The data ▸
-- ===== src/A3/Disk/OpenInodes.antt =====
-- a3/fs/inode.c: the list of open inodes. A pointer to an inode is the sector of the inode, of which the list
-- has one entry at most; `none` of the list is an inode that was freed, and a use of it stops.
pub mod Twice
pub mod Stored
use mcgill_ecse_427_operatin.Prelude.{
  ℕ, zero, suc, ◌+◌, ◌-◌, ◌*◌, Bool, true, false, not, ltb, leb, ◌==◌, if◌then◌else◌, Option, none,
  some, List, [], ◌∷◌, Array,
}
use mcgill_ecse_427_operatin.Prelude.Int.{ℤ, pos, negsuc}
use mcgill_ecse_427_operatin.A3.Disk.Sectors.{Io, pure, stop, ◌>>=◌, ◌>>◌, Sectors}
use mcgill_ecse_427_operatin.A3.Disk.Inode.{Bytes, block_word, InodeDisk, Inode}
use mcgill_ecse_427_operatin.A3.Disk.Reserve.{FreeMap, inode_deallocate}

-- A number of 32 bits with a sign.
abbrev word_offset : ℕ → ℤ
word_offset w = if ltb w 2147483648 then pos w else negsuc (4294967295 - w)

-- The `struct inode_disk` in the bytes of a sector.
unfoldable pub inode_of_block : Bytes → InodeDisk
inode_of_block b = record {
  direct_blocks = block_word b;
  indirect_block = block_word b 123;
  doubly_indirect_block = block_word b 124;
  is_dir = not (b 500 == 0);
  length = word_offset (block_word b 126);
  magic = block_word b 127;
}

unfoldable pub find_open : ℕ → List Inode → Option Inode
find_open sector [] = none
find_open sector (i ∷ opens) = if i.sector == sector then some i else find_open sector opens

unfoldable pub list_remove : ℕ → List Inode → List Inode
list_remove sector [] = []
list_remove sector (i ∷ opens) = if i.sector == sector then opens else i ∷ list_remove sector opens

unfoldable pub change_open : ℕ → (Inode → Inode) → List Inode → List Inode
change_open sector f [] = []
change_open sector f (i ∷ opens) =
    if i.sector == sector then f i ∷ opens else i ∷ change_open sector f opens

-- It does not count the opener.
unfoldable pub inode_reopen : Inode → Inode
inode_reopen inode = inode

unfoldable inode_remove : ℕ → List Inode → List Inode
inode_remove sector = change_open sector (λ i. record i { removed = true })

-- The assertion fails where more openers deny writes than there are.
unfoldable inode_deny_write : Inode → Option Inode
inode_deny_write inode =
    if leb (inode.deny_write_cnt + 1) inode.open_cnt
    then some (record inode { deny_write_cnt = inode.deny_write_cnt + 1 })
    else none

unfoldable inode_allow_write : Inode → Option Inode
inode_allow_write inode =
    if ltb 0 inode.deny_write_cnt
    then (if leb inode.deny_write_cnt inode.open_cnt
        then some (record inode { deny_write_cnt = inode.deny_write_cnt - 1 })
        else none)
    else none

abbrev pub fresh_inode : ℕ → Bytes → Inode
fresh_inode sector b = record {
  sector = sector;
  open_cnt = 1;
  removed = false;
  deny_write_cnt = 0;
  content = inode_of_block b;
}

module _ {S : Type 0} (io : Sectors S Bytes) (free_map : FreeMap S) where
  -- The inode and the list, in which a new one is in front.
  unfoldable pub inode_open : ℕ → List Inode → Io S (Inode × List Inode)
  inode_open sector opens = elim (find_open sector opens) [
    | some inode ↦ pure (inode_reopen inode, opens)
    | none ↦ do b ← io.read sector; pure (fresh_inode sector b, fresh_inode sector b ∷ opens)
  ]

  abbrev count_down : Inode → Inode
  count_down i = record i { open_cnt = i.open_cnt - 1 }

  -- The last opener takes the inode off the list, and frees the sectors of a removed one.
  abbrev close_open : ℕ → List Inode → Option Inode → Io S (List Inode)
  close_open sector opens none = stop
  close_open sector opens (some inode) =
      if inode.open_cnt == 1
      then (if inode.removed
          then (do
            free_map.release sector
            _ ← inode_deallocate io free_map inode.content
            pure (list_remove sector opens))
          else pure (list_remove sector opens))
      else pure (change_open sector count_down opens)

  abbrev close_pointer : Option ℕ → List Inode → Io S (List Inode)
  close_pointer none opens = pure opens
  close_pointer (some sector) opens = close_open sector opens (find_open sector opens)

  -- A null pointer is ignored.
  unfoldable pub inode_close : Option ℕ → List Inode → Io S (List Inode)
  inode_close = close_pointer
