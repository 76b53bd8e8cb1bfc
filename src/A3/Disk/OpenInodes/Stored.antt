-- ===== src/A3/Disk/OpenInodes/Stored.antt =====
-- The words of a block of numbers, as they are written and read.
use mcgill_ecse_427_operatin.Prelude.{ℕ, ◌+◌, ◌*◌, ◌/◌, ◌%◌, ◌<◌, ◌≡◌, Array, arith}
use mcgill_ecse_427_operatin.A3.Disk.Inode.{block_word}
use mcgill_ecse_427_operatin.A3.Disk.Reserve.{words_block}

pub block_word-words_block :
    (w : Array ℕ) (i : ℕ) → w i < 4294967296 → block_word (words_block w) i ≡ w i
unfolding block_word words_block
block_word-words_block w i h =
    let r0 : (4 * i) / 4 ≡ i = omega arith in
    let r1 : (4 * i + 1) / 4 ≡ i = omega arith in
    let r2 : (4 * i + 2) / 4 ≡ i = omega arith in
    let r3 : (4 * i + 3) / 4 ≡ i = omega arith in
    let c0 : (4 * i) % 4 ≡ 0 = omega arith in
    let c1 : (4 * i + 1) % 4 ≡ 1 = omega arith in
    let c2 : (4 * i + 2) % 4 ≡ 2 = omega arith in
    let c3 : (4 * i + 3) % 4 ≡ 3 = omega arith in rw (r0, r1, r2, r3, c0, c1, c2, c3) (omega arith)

Problem description ▸ Repeat the full set of records exactly.

Output for this task ▸
-- ===== src/A3/Disk/OpenInodes.antt =====
-- a3/fs/inode.c: the list of open inodes. A pointer to an inode is the sector of the inode, of which the list
-- has one entry at most; `none` of the list is an inode that was freed, and a use of it stops.
pub mod Twice
pub mod Stored
use mcgill_ecse_427_operatin.Prelude.{
  ℕ, zero, suc, ◌+◌, ◌-◌, ◌*◌, Bool, true, false, not, ltb, leb, ◌==◌, if◌then◌else◌, Option, none,
  some, List, [], ◌∷◌, Array,
}
use mcgill_ecse_427_operatin.Prelude.Int.{ℤ, pos, negsuc}
use mcgill_ecse_427_operatin.A3.Disk.Sectors.{Io, pure, stop, ◌>>=◌, ◌>>◌, Sectors}
use mcgill_ecse_427_operatin.A3.Disk.Inode.{Bytes, block_word, InodeDisk, Inode}
use mcgill_ecse_427_operatin.A3.Disk.Reserve.{FreeMap, inode_deallocate}

-- A number of 32 bits with a sign.
abbrev word_offset : ℕ → ℤ
word_offset w = if ltb w 2147483648 then pos w else negsuc (4294967295 - w)

-- The `struct inode_disk` in the bytes of a sector.
unfoldable pub inode_of_block : Bytes → InodeDisk
inode_of_block b = record {
  direct_blocks = block_word b;
  indirect_block = block_word b 123;
  doubly_indirect_block = block_word b 124;
  is_dir = not (b 500 == 0);
  length = word_offset (block_word b 126);
  magic = block_word b 127;
}

unfoldable pub find_open : ℕ → List Inode → Option Inode
find_open sector [] = none
find_open sector (i ∷ opens) = if i.sector == sector then some i else find_open sector opens

unfoldable pub list_remove : ℕ → List Inode → List Inode
list_remove sector [] = []
list_remove sector (i ∷ opens) = if i.sector == sector then opens else i ∷ list_remove sector opens

unfoldable pub change_open : ℕ → (Inode → Inode) → List Inode → List Inode
change_open sector f [] = []
change_open sector f (i ∷ opens) =
    if i.sector == sector then f i ∷ opens else i ∷ change_open sector f opens

-- It does not count the opener.
unfoldable pub inode_reopen : Inode → Inode
inode_reopen inode = inode

unfoldable inode_remove : ℕ → List Inode → List Inode
inode_remove sector = change_open sector (λ i. record i { removed = true })

-- The assertion fails where more openers deny writes than there are.
unfoldable inode_deny_write : Inode → Option Inode
inode_deny_write inode =
    if leb (inode.deny_write_cnt + 1) inode.open_cnt
    then some (record inode { deny_write_cnt = inode.deny_write_cnt + 1 })
    else none

unfoldable inode_allow_write : Inode → Option Inode
inode_allow_write inode =
    if ltb 0 inode.deny_write_cnt
    then (if leb inode.deny_write_cnt inode.open_cnt
        then some (record inode { deny_write_cnt = inode.deny_write_cnt - 1 })
        else none)
    else none

abbrev pub fresh_inode : ℕ → Bytes → Inode
fresh_inode sector b = record {
  sector = sector;
  open_cnt = 1;
  removed = false;
  deny_write_cnt = 0;
  content = inode_of_block b;
}

module _ {S : Type 0} (io : Sectors S Bytes) (free_map : FreeMap S) where
  -- The inode and the list, in which a new one is in front.
  unfoldable pub inode_open : ℕ → List Inode → Io S (Inode × List Inode)
  inode_open sector opens = elim (find_open sector opens) [
    | some inode ↦ pure (inode_reopen inode, opens)
    | none ↦ do b ← io.read sector; pure (fresh_inode sector b, fresh_inode sector b ∷ opens)
  ]

  abbrev count_down : Inode → Inode
  count_down i = record i { open_cnt = i.open_cnt - 1 }

  -- The last opener takes the inode off the list, and frees the sectors of a removed one.
  abbrev close_open : ℕ → List Inode → Option Inode → Io S (List Inode)
  close_open sector opens none = stop
  close_open sector opens (some inode) =
      if inode.open_cnt == 1
      then (if inode.removed
          then (do
            free_map.release sector
            _ ← inode_deallocate io free_map inode.content
            pure (list_remove sector opens))
          else pure (list_remove sector opens))
      else pure (change_open sector count_down opens)

  abbrev close_pointer : Option ℕ → List Inode → Io S (List Inode)
  close_pointer none opens = pure opens
  close_pointer (some sector) opens = close_open sector opens (find_open sector opens)

  -- A null pointer is ignored.
  unfoldable pub inode_close : Option ℕ → List Inode → Io S (List Inode)
  inode_close = close_pointer
repository 76b53bd8e8cb1bfc
filename src/A3/Disk/OpenInodes/Stored.antt
-- ===== src/A3/Disk/OpenInodes/Stored.antt =====
-- The words of a block of numbers, as they are written and read.
use mcgill_ecse_427_operatin.Prelude.{ℕ, ◌+◌, ◌*◌, ◌/◌, ◌%◌, ◌<◌, ◌≡◌, Array, arith}
use mcgill_ecse_427_operatin.A3.Disk.Inode.{block_word}
use mcgill_ecse_427_operatin.A3.Disk.Reserve.{words_block}

pub block_word-words_block :
    (w : Array ℕ) (i : ℕ) → w i < 4294967296 → block_word (words_block w) i ≡ w i
unfolding block_word words_block
block_word-words_block w i h =
    let r0 : (4 * i) / 4 ≡ i = omega arith in
    let r1 : (4 * i + 1) / 4 ≡ i = omega arith in
    let r2 : (4 * i + 2) / 4 ≡ i = omega arith in
    let r3 : (4 * i + 3) / 4 ≡ i = omega arith in
    let c0 : (4 * i) % 4 ≡ 0 = omega arith in
    let c1 : (4 * i + 1) % 4 ≡ 1 = omega arith in
    let c2 : (4 * i + 2) % 4 ≡ 2 = omega arith in
    let c3 : (4 * i + 3) % 4 ≡ 3 = omega arith in rw (r0, r1, r2, r3, c0, c1, c2, c3) (omega arith)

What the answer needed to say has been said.